Il y avait quelques galeries et une très grande salle, baignée d’une lueur livide.

Tout en haut baillait un trou d’aération ou d’extraction : le trou de la lune. Pourquoi de la lune ? Je ne sais. Peut être dans sa course sidérale passait-elle parfois à l’aplomb du trou ?

Le sol était un vaste tas d’éboulis hérissé de squelettes et de détritus.

On avait épargné à Belzébuth le voyage sur ses trois pattes, et montant dans les bois avec une prompte rudesse, on le balança sans même un adieu. Il était mort, bien mort, et n’encombrerait plus le soleil et le seuil de son immonde carcasse.

Le retour se fit avec lenteur et force lampées de piquette.
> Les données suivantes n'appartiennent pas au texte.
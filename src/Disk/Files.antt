-- ===== src/Disk/Files.antt =====
-- The file of src/storage/disk/disk_manager.rs, whose operations succeed, and what its pages hold.
use oxtub.Base.{
  ℕ, ◌+◌, ◌*◌, ◌≤◌, ◌<◌, ◌≡◌, refl, true, Option, none, some, List, [], length, arith, ◌⊎◌, ok,
}
use oxtub.Base.Assoc.{get}
use oxtub.Disk.Manager.{DiskManager, FileOps, default_page_size, new, default_db_file_page_capacity}
use oxtub.Disk.Slots.{SlotsInv}

abbrev pub Apart : ℕ → ℕ → Type 0
Apart a b = (a + default_page_size ≤ b) ⊎ (b + default_page_size ≤ a)

-- A file of `size` bytes, whose operations succeed inside it: `content` is the page at an offset.
pub record FileLaws (F : Type 0) (file : FileOps F) : Type 0 where
  pub size : F → ℕ
  pub content : F → ℕ → List ℕ
  pub set_len_works :
      (f : F) (n : ℕ)
      → (g : F) × (file.set_len f n ≡ (true, g))
        × (size g ≡ n)
        × ((off : ℕ)
            → off + default_page_size ≤ size f
            → off + default_page_size ≤ n
            → content g off ≡ content f off)
  pub read_works :
      (f : F) (off : ℕ)
      → off + default_page_size ≤ size f
      → (g : F) × (file.read_at f off ≡ (some (content f off), g))
        × (size g ≡ size f)
        × ((o : ℕ) → content g o ≡ content f o)
  pub write_works :
      (f : F) (off : ℕ) (bytes : List ℕ)
      → length bytes ≡ default_page_size
      → off + default_page_size ≤ size f
      → (g : F) × (file.write_at f off bytes ≡ (true, g))
        × (size g ≡ size f)
        × (content g off ≡ bytes)
        × ((o : ℕ) → Apart off o → content g o ≡ content f o)
  pub flush_works :
      (f : F)
      → (g : F) × (file.flush f ≡ (true, g))
        × (size g ≡ size f)
        × ((o : ℕ) → content g o ≡ content f o)

module _ {F : Type 0} ⦃file : FileOps F⦄ (laws : FileLaws F file) where
  -- The slots are shared out, and the file is long enough for all of them.
  pub record DiskInv (dm : DiskManager F) : Type 0 where
    pub slots : SlotsInv dm.page_capacity dm.pages dm.free_slots
    pub capacity : 0 < dm.page_capacity
    pub long : (dm.page_capacity + 1) * default_page_size ≤ laws.size dm.db_file_handle

  -- The bytes of a page, if it is allocated.
  abbrev pub bytes_at : Option ℕ → F → Option (List ℕ)
  bytes_at none f = none
  bytes_at (some off) f = some (laws.content f off)

  abbrev pub view : DiskManager F → ℕ → Option (List ℕ)
  view dm id = bytes_at (get id dm.pages) dm.db_file_handle

  new_runs :
      (handle g : F)
      → file.set_len handle ((default_db_file_page_capacity + 1) * default_page_size) ≡ (true, g)
      → new handle
        ≡ ok (record {
          db_file_handle = g;
          page_capacity = default_db_file_page_capacity;
          pages = [];
          free_slots = [];
        })
  unfolding new
  new_runs handle g e = rw e refl

  -- Over a file whose operations succeed, `new` gives a manager that keeps the invariant and in which
  -- no page is allocated.
  pub new-DiskInv :
      (handle : F)
      → (dm : DiskManager F) × (new handle ≡ ok dm) × DiskInv dm × ((id : ℕ) → view dm id ≡ none)
  new-DiskInv handle =
      let (g, e, size, _) =
        laws.set_len_works handle ((default_db_file_page_capacity + 1) * default_page_size) in
      (
        record {
          db_file_handle = g;
          page_capacity = default_db_file_page_capacity;
          pages = [];
          free_slots = [];
        },
        new_runs handle g e,
        record {
          slots = record {
            distinct = tt;
            room = omega arith;
            paged = λ i off h. absurd (cc h);
            freed = tt;
            alone = λ i j off h h'. absurd (cc h);
            not_free = λ i off h has. has;
            no_repeat = tt;
          };
          capacity = omega arith;
          long = omega (arith, size);
        },
        λ id. refl,
      )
C’est qu’il fallait monter par la rocaille du chemin !

Et là, surprise ! Étonnante surprise ! Sur le seuil, avec son unique œil et sur trois pattes Belzébuth attendait là, gaillard, vivant, attendant à l’évidence une gamelle qui lui fut donnée avec gentillesse et respect.

L’opinion se retourna en sa faveur et largement arrosée de piquette la décision fut prise de le nourrir et de le cajoler jusqu’à la fin de ses jours.

Il vécu encore quelques mois, m’a t-on dit.

Moi, on m’avait ferment invité à aller aider la tribu des Pieds-noirs, dont pendant huit ans nous défendîmes prébendes et avantages.

10 novembre 2014 – Fragments – Jean Jacques L.